# What's the best chair for gaming? Any suggestions?



## KellyGrin (Apr 23, 2020)

What type of chair do you use for gaming?


----------



## MNblockhead (Apr 24, 2020)

TLDR VERSION: I've rented lots of office furniture over the years at multiple companies. For TTRPG chairs I recommend mid-back conference room chairs that have back and seat as one piece and simply levers. Get dark or multi-colored fabric. Don't go cheap. Save money by buying old stock from rental companies or look on Craig's List. Make sure the wheels are solid. Those tend to fail first. Get chairs with arm rests.

My game room is multi-use. It is also for crafts.
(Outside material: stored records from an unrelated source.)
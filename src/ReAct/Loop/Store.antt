-- ===== src/ReAct/Loop/Store.antt =====
-- `filter_and_store` of funera_core/src/re_act.rs, against the list of events that the chain passes.
use funera.Prelude.{
  [], ◌∷◌, ◌≡◌, ◌++◌, ◌∙◌, refl, if◌then◌else◌, List, ap, sym, append_assoc, true, false, Bool,
  append-nil,
}
use funera.Events.{Result, ok, err}
use funera.Chat.Message.{FuneraMessage}
use funera.Middleware.{MiddlewareBlocked, InspectorError}
use funera.ReAct.Loop.{
  MiddlewareEvent, Wiring, Loop, filter, stored, store_event, filter_and_store, store_verdict,
}

module _ {Evt : Type 0} where
  abbrev pub verdict_events : Result Evt MiddlewareBlocked → List Evt
  verdict_events (ok e) = e ∷ []
  verdict_events (err b) = []

module _ {Evt : Type 0} (w : Wiring Evt) where
  -- the events that the chain lets through, as it leaves them
  abbrev pub passed : List Evt → List Evt
  passed [] = []
  passed (e ∷ es) = verdict_events (filter w.middleware e).0 ++ passed es

module _ {Json Evt : Type 0} (events : MiddlewareEvent Json Evt) where
  abbrev pub all_stored : List Evt → List (FuneraMessage Json)
  all_stored [] = []
  all_stored (e ∷ es) = stored events e ++ all_stored es

  pub all_stored-append :
      (xs ys : List Evt) → all_stored (xs ++ ys) ≡ all_stored xs ++ all_stored ys
  all_stored-append [] ys = refl
  all_stored-append (x ∷ xs) ys =
      ap (λ l. stored events x ++ l) (all_stored-append xs ys)
      ∙ sym (append_assoc (stored events x) (all_stored xs) (all_stored ys))

module _ {A : Type 0} where
  append-nil_if : (b : Bool) (l : List A) → l ≡ (if b then l ++ [] else l)
  append-nil_if true l = sym (append-nil l)
  append-nil_if false l = refl

  append_if :
      (b : Bool) (x y z xs ys : List A)
      → y ≡ (if b then x ++ xs else x)
      → z ≡ (if b then y ++ ys else y)
      → z ≡ (if b then x ++ (xs ++ ys) else x)
  append_if true x y z xs ys p q = q ∙ ap (λ l. l ++ ys) p ∙ append_assoc x xs ys
  append_if false x y z xs ys p q = q ∙ p

module _ {Json Evt : Type 0} (events : MiddlewareEvent Json Evt) (w : Wiring Evt) where
  -- what the events that passed add, and that nothing else is written
  pub record IsStored (es : List Evt) (before after : Loop Json Evt) : Type 0 where
    pub session :
        after.session
        ≡ (if w.session_tx then before.session ++ all_stored events es else before.session)
    pub emitted : after.emitted ≡ (if w.event_sender then before.emitted ++ es else before.emitted)
    pub react : after.react ≡ before.react
    pub requests : after.requests ≡ before.requests

  IsStored-nil : (l : Loop Json Evt) → IsStored [] l l
  IsStored-nil l = record {
    session = append-nil_if w.session_tx l.session;
    emitted = append-nil_if w.event_sender l.emitted;
    react = refl;
    requests = refl;
  }

  IsStored-append :
      (xs ys : List Evt) (l m n : Loop Json Evt)
      → IsStored xs l m
      → IsStored ys m n
      → IsStored (xs ++ ys) l n
  IsStored-append xs ys l m n p q = record {
    session = rw (all_stored-append events) (
        append_if w.session_tx l.session m.session n.session (all_stored events xs)
          (all_stored events ys) p.session q.session);
    emitted = append_if w.event_sender l.emitted m.emitted n.emitted xs ys p.emitted q.emitted;
    react = q.react ∙ p.react;
    requests = q.requests ∙ p.requests;
  }

  store_verdict-IsStored :
      (r : Result Evt MiddlewareBlocked) (errors : List InspectorError) (l : Loop Json Evt)
      → IsStored (verdict_events r) l (store_verdict events w (r, errors) l)
  unfolding store_verdict
  store_verdict-IsStored (ok x) errors l = record {
    session = rw (append-nil (stored events x));
    emitted = refl;
    react = refl;
    requests = refl;
  }
  store_verdict-IsStored (err b) errors l = record {
    session = append-nil_if w.session_tx l.session;
    emitted = append-nil_if w.event_sender l.emitted;
    react = refl;
    requests = refl;
  }

  -- `filter_and_store` adds to the session and to the emitted events exactly what the middleware
  -- passes, in order: a blocked event reaches neither, and a modified one reaches both as modified.
  pub filter_and_store-IsStored :
      (es : List Evt) (l : Loop Json Evt)
      → IsStored (passed w es) l (filter_and_store events w es l)
  unfolding filter_and_store store_event
  filter_and_store-IsStored [] l = IsStored-nil l
  filter_and_store-IsStored (e ∷ es) l =
      let (r, errors) = filter w.middleware e in
      let m = store_verdict events w (r, errors) l in
      IsStored-append (verdict_events r) (passed w es) l m (filter_and_store events w es m)
        (store_verdict-IsStored r errors l) (filter_and_store-IsStored es m)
Also, when I have people over to game I don't want them to worry about ruining the furniture. I wanted something comfortable, practical, and something I won't worry too much about spills or the occasion scratch from a slipped exacto blade or dremel. 

I went on Craig's List and found an business that was downsizing. When there with a friend who had a large utility van and I bought some very good quality office chairs and an ugly but big and very solid office table.  
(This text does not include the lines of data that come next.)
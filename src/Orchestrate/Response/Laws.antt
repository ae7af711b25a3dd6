-- ===== src/Orchestrate/Response/Laws.antt =====
-- What `aggregate_from_broadcast` of funera-orchestrate/src/send_handle.rs makes of the events that it
-- receives.
use funera.Prelude.{
  [], ◌∷◌, ◌++◌, ◌≡◌, refl, List, ℕ, ◌∙◌, none, some, suc, Option, String, ap, ◌+◌, arith,
}
use funera.Orchestrate.Event.{AgentEvent, done, text, turn_start, tool_call_result, turn_end}
use funera.Orchestrate.Dispatcher.{Received, event, lagged, closed}
use mathlib.Core.Option
use funera.Orchestrate.Response.{
  Gathered, gather_event, aggregate_from, ChatResponse, Result, TokenUsage, Pending, answer,
  take_pending,
}

module _ {Json : Type 0} where
  unfoldable pub gather : List (AgentEvent Json) → Gathered Json → Gathered Json
  gather [] g = g
  gather (e ∷ es) g = gather es (gather_event e g)

  pub gather-append :
      (xs ys : List (AgentEvent Json)) (g : Gathered Json)
      → gather (xs ++ ys) g ≡ gather ys (gather xs g)
  unfolding gather
  gather-append [] ys g = refl
  gather-append (x ∷ xs) ys g = gather-append xs ys (gather_event x g)

  -- The events up to the first `Done` or the end of the channel, less the missed ones; none if the
  -- receiver still waits.
  abbrev pub until_end : List (Received (AgentEvent Json)) → Option (List (AgentEvent Json))
  until_end [] = none
  until_end (event done ∷ rest) = some []
  until_end (event e ∷ rest) = Option.map (λ es. e ∷ es) (until_end rest)
  until_end (lagged ∷ rest) = until_end rest
  until_end (closed ∷ rest) = some []

  abbrev pub response_of : Gathered Json → List (AgentEvent Json) → ChatResponse Json
  response_of g es = (gather es g).response

  map-cons :
      (e : AgentEvent Json) (g : Gathered Json) (o : Option (List (AgentEvent Json)))
      → Option.map (response_of (gather_event e g)) o
        ≡ Option.map (response_of g) (Option.map (λ es. e ∷ es) o)
  unfolding gather
  map-cons e g none = refl
  map-cons e g (some es) = refl

  pub aggregate_from-gather :
      (rs : List (Received (AgentEvent Json))) (g : Gathered Json)
      → aggregate_from rs g ≡ Option.map (response_of g) (until_end rs)
  unfolding aggregate_from gather
  aggregate_from-gather [] g = refl
  aggregate_from-gather (event done ∷ rest) g = refl
  aggregate_from-gather (event e ∷ rest) g =
      aggregate_from-gather rest (gather_event e g) ∙ map-cons e g (until_end rest)
  aggregate_from-gather (lagged ∷ rest) g = aggregate_from-gather rest g
  aggregate_from-gather (closed ∷ rest) g = refl

  -- the last of each kind, or what was there before
  abbrev pub last_text : String → List (AgentEvent Json) → String
  last_text d [] = d
  last_text d (text t ∷ es) = last_text t es
  last_text d (e ∷ es) = last_text d es

  abbrev pub last_end :
      Option String × Option TokenUsage → List (AgentEvent Json) → Option String × Option TokenUsage
  last_end d [] = d
  last_end d (turn_end reason usage ∷ es) = last_end (reason, usage) es
  last_end d (e ∷ es) = last_end d es

  abbrev pub starts : List (AgentEvent Json) → ℕ
  starts [] = 0
  starts (turn_start ∷ es) = suc (starts es)
  starts (e ∷ es) = starts es

  answer-content :
      (r : Result String String) (o : Option (Pending Json × List (Pending Json)))
      (g : Gathered Json)
      → (answer r o g).response.content ≡ g.response.content
  answer-content r none g = refl
  answer-content r (some p) g = refl

  pub gather-content :
      (es : List (AgentEvent Json)) (g : Gathered Json)
      → (gather es g).response.content ≡ last_text g.response.content es
  unfolding gather gather_event
  gather-content [] g = refl
  gather-content (text t ∷ es) g = gather-content es (gather_event (text t) g)
  gather-content (tool_call_result call_id name r ∷ es) g =
      gather-content es (gather_event (tool_call_result call_id name r) g)
      ∙ ap (λ d. last_text d es) (answer-content r (take_pending call_id g.pending) g)
  gather-content (e ∷ es) g = gather-content es (gather_event e g)

  answer-iterations :
      (r : Result String String) (o : Option (Pending Json × List (Pending Json)))
      (g : Gathered Json)
      → (answer r o g).response.iterations ≡ g.response.iterations
  answer-iterations r none g = refl
  answer-iterations r (some p) g = refl

  pub gather-iterations :
      (es : List (AgentEvent Json)) (g : Gathered Json)
      → (gather es g).response.iterations ≡ g.response.iterations + starts es
  unfolding gather gather_event
  gather-iterations [] g = omega arith
  gather-iterations (turn_start ∷ es) g =
      omega (arith, gather-iterations es (gather_event turn_start g))
  gather-iterations (tool_call_result call_id name r ∷ es) g =
      gather-iterations es (gather_event (tool_call_result call_id name r) g)
      ∙ ap (λ (n : ℕ). n + starts es) (answer-iterations r (take_pending call_id g.pending) g)
  gather-iterations (e ∷ es) g = gather-iterations es (gather_event e g)

  abbrev pub ending : Gathered Json → Option String × Option TokenUsage
  ending g = (g.response.finish_reason, g.response.usage)

  answer-ending :
      (r : Result String String) (o : Option (Pending Json × List (Pending Json)))
      (g : Gathered Json)
      → ending (answer r o g) ≡ ending g
  answer-ending r none g = refl
  answer-ending r (some p) g = refl

  pub gather-ending :
      (es : List (AgentEvent Json)) (g : Gathered Json)
      → ending (gather es g) ≡ last_end (ending g) es
  unfolding gather gather_event
  gather-ending [] g = refl
  gather-ending (turn_end reason usage ∷ es) g =
      gather-ending es (gather_event (turn_end reason usage) g)
  gather-ending (tool_call_result call_id name r ∷ es) g =
      gather-ending es (gather_event (tool_call_result call_id name r) g)
      ∙ ap (λ d. last_end d es) (answer-ending r (take_pending call_id g.pending) g)
  gather-ending (e ∷ es) g = gather-ending es (gather_event e g)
I got rock solid conference chairs that give good lumbar support, have strong wheels (usually the first thing to go) and simply levers to raise/lower the height and lock rocking. The back and seat are together and do not move independently, but that hasn't been a problem for anyone and it makes them much more solid (less parts to get loose or break).  My chairs are original from CORT. I'm guessing that the business I got them from, rented then bought or bought used themselves. Even after years of heavy use, they still look good and remain comfortable.  They are maid of a tough fabric are are multi color, so if they did get a stain from something spilled, it would not show much. 

I have one executive chair but I don't think they are worth it unless you really spend the money to get high-quality chairs with very high backs.  But unlike computer gaming, I don't find that a head rest is all that useful or missed in a TTRPG/craft chair. For marathon sessions, it may be nice to have an executive or what is often called a 24-hour chair, but I don't recommend it unless you have lots of space and lots of money. 

Mesh office chairs are comfortable and easy to clean, but I find that you need to spend a lot to get good-quality mesh chairs that would last. 

One question to consider before getting chairs for gaming is whether to get arm rests. I was thinking of getting task chairs (office chairs with no arm rests) because they easily push up to the table when not in use and it is nice to not have arm rests in the way when doing certain crafting. But for TTRPGs I think arm rests are a must. If you don't have them, people are going to rest their arms on the table, taking up more table space.  

So, for most people, I would guess that a conference room chair is the best best. But instead of buying cheap ones new, get good quality ones used.  Check craigs list or companies that sell used office furniture. Many furniture-rental companies sell used office furniture that is of high quality for very good prices. E.g., Cort's furniture outlet: Shop the CORT Furniture Outlet | CORT

As for material, I recommend a touch, multicolored or dark-colored fabric. I'm not a fan of leather.  Tends to be cold in cold weather and sticky in hot and you have to worry about it getting wet, scuffed or cut. Worse, unless you are spending a lot of money you are probably not getting a real leather chair and pleather, etc. tends to start breaking apart after a couple years.


----------



## Li Shenron (Apr 27, 2020)

KellyGrin said:


> What type of chair do you use for gaming?




Throne of gold, adorned with powergamers' skulls and ruleslawyers' leather. I am the DM.


----------